They barely cleared the office doorway when a flashlight beam speared the darkness ahead. Jessica yanked Kevin behind a storage cabinet, pressing him against the wall. His heart pounded so loudly she feared the guard would hear it.
The guard paused at Turner's door, light playing over the freshly picked lock. Jessica held her breath, counting her own heartbeats. One... two... twenty-seven... The guard moved on, muttering about maintenance issues and budget cuts.
"Too. Damn. Close," Kevin breathed when the footsteps receded.
They fled through the service entrance, night air washing over them like a baptism after the sterile laboratory tension. Salina waited in Kevin's car, engine purring quietly.
"Success?" she asked as they tumbled into the seats.
Jessica pulled the crumpled pages from her pocket, paper edges cutting into her finger. "Maybe. If this formula works."
Salina squinted at the complex chemical notations. "This is graduate-level biochemistry."
"My cousin Liam works in the university lab," Kevin said, easing the car from the parking lot with headlights off. "He owes me for retrieving certain photos from his corrupted hard drive that his girlfriend was never meant to see."
Jessica slumped against the headrest, exhaustion slamming into her like a physical blow. "Those notes said the side effects create terminal conditions. The serum causes 'catastrophic cellular breakdown' with continued use."

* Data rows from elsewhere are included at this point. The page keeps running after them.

-- ===== src/Paths/Distinct.antt =====
-- When two files of an interface (`LiveApplyPaths.for_interface` of
-- libexec/wg_healthcheck_setup/apply_system.py) have the same path.
use air_vpn_wg_healthcheck.Text.Split.{Lacks, rsplit_once, rsplit_once_lem}
use air_vpn_wg_healthcheck.Model.{is_interface}
use mathlib.Core.List.{append_cancel_right}
use air_vpn_wg_healthcheck.Prelude.{
  ap, inl, inr, refl, some, subst, sym, true, ℕ, ◌++◌, ◌∙◌, ◌∷◌, ◌≡◌, ◌≢◌, ◌⊎◌,
}
use air_vpn_wg_healthcheck.Text.{Text, codes}
use air_vpn_wg_healthcheck.Disk.{
  Entry, Entry-discrete, api_state, backup, candidate, config_previous, credential,
  credential_previous, global_lock, health_config, interface_lock, journal, parent, pending,
  pre_managed, profile, runtime_dir, safety, setup_guard, status,
}
use air_vpn_wg_healthcheck.Paths.{directory_name, file_name, path_text}
use air_vpn_wg_healthcheck.Paths.Forms.{
  all-Lacks, all_append, d_k, directory_same, entries, entry_of, entry_of_lem, file_name-shown,
  found_same, hidden, interface_lacks, last_of, last_of-append, pair_same, s_k, shown_lacks,
  shown_same, suffix, suffix_lacks,
}

module _ (iface : Text) (valid : is_interface iface ≡ true) where
  file_name-Lacks : (e : Entry) → Dec (e ≡ global_lock) → Lacks b'/' (file_name iface e)
  unfolding file_name
  file_name-Lacks e (yes g) = rw g (all-Lacks (codes "airvpn-api.lock") refl)
  file_name-Lacks e (no n) = subst (Lacks b'/') (sym (file_name-shown iface e n)) (
      all-Lacks _ (
        shown_lacks (hidden e) _
          (all_append iface (suffix e) (interface_lacks iface valid) (suffix_lacks e))))

  parts_of_path :
      (e : Entry)
      → rsplit_once b'/' (path_text iface e) ≡ some (directory_name (parent e), file_name iface e)
  unfolding path_text
  parts_of_path e =
      rsplit_once_lem b'/' (directory_name (parent e)) (file_name iface e)
        (file_name-Lacks e (Entry-discrete e global_lock))

  same_parts :
      (a b : Entry)
      → path_text iface a ≡ path_text iface b
      → (parent a ≡ parent b) × (file_name iface a ≡ file_name iface b)
  same_parts a b e =
      let (same_directory, name) =
        pair_same (sym (parts_of_path a) ∙ ap (rsplit_once b'/') e ∙ parts_of_path b) in
      (directory_same (parent a) (parent b) same_directory, name)

  abbrev pub Clash : Entry → Entry → Type 0
  Clash a b = (iface ≡ codes "airvpn-api") × (a ≡ global_lock) × (b ≡ interface_lock)

  not_lock : (c : ℕ) (t : Text) → ¬ (last_of c t ≡ b'k') → codes "airvpn-api.lock" ≢ iface ++ c ∷ t
  not_lock c t n e = n (sym (last_of-append 0 iface c t) ∙ sym (ap (last_of 0) e))

  global_Clash :
      (b : Entry)
      → b ≢ global_lock
      → runtime_dir ≡ parent b
      → codes "airvpn-api.lock" ≡ file_name iface b
      → Clash global_lock b
  unfolding file_name
  global_Clash status n d e = absurd (not_lock b'.' (codes "status") s_k e)
  global_Clash setup_guard n d e = absurd (not_lock b'.' (codes "setup-guard") d_k e)
  global_Clash interface_lock n d e =
      (sym (append_cancel_right (codes "airvpn-api") iface (codes ".lock") e), refl, refl)
  global_Clash global_lock n d e = absurd (n refl)
  global_Clash health_config n d e = cc
  global_Clash credential n d e = cc
  global_Clash profile n d e = cc
  global_Clash pre_managed n d e = cc
  global_Clash backup n d e = cc
  global_Clash pending n d e = cc
  global_Clash safety n d e = cc
  global_Clash candidate n d e = cc
  global_Clash api_state n d e = cc
  global_Clash journal n d e = cc
  global_Clash config_previous n d e = cc
  global_Clash credential_previous n d e = cc

  own_same :
      (a b : Entry)
      → a ≢ global_lock
      → b ≢ global_lock
      → parent a ≡ parent b
      → file_name iface a ≡ file_name iface b
      → a ≡ b
  own_same a b n m d e =
      let (hide, end) =
        shown_same iface (hidden a) (hidden b) (suffix a) (suffix b) valid
          (sym (file_name-shown iface a n) ∙ e ∙ file_name-shown iface b m) in
      found_same (entry_of_lem a n) (entry_of_lem b m) (
        ap (λ x. entry_of entries x (hidden a) (suffix a)) d
        ∙ ap (λ h. entry_of entries (parent b) h (suffix a)) hide
        ∙ ap (λ t. entry_of entries (parent b) (hidden b) t) end)

  same_path :
      (a b : Entry)
      → Dec (a ≡ global_lock)
      → Dec (b ≡ global_lock)
      → parent a ≡ parent b
      → file_name iface a ≡ file_name iface b
      → (a ≡ b) ⊎ (Clash a b ⊎ Clash b a)
  unfolding file_name
  same_path a b (yes g) (yes k) d e = inl (g ∙ sym k)
  same_path a b (yes g) (no m) d e =
      let clash = global_Clash b m (sym (ap parent g) ∙ d) (sym (ap (file_name iface) g) ∙ e) in
      inr (inl (clash.0, g, clash.2))
  same_path a b (no n) (yes k) d e =
      let clash =
        global_Clash a n (sym (ap parent k) ∙ sym d) (sym (ap (file_name iface) k) ∙ sym e) in
      inr (inr (clash.0, k, clash.2))
  same_path a b (no n) (no m) d e = inl (own_same a b n m d e)

-- Two files of a valid interface that have the same path are the same file, with one exception: for the
-- interface named airvpn-api, which the pattern of interface names allows, the lock of the interface is the
-- lock that all interfaces share.
pub path_text-Clash :
    (iface : Text) (valid : is_interface iface ≡ true) (a b : Entry)
    → path_text iface a ≡ path_text iface b
    → (a ≡ b) ⊎ (Clash iface valid a b ⊎ Clash iface valid b a)
path_text-Clash iface valid a b e =
    let (d, name) = same_parts iface valid a b e in
    same_path iface valid a b (Entry-discrete a global_lock) (Entry-discrete b global_lock) d name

"So it's killing him," Salina whispered, still studying the formula. "And if we don't stop him, he might take others with him."
*****
Morning sunlight streamed through the hallway windows, mocking Jessica's gritty eyes and foggy brain. She, Kevin, and Salina had huddled in her bedroom until dawn, poring over Turner's notes while her father's snores rumbled down the hall.
"You look like something the cat dragged in, chewed on, then regurgitated," Tiffany remarked as Jessica fumbled with her locker combination.
"Physics test," Jessica mumbled, the lie automatic now.
For once, Tiffany's perpetual perkiness seemed dimmed, shadows bruising the skin beneath her eyes despite careful makeup application.
"Everything okay?" Jessica straightened, suddenly alert. "You seem off."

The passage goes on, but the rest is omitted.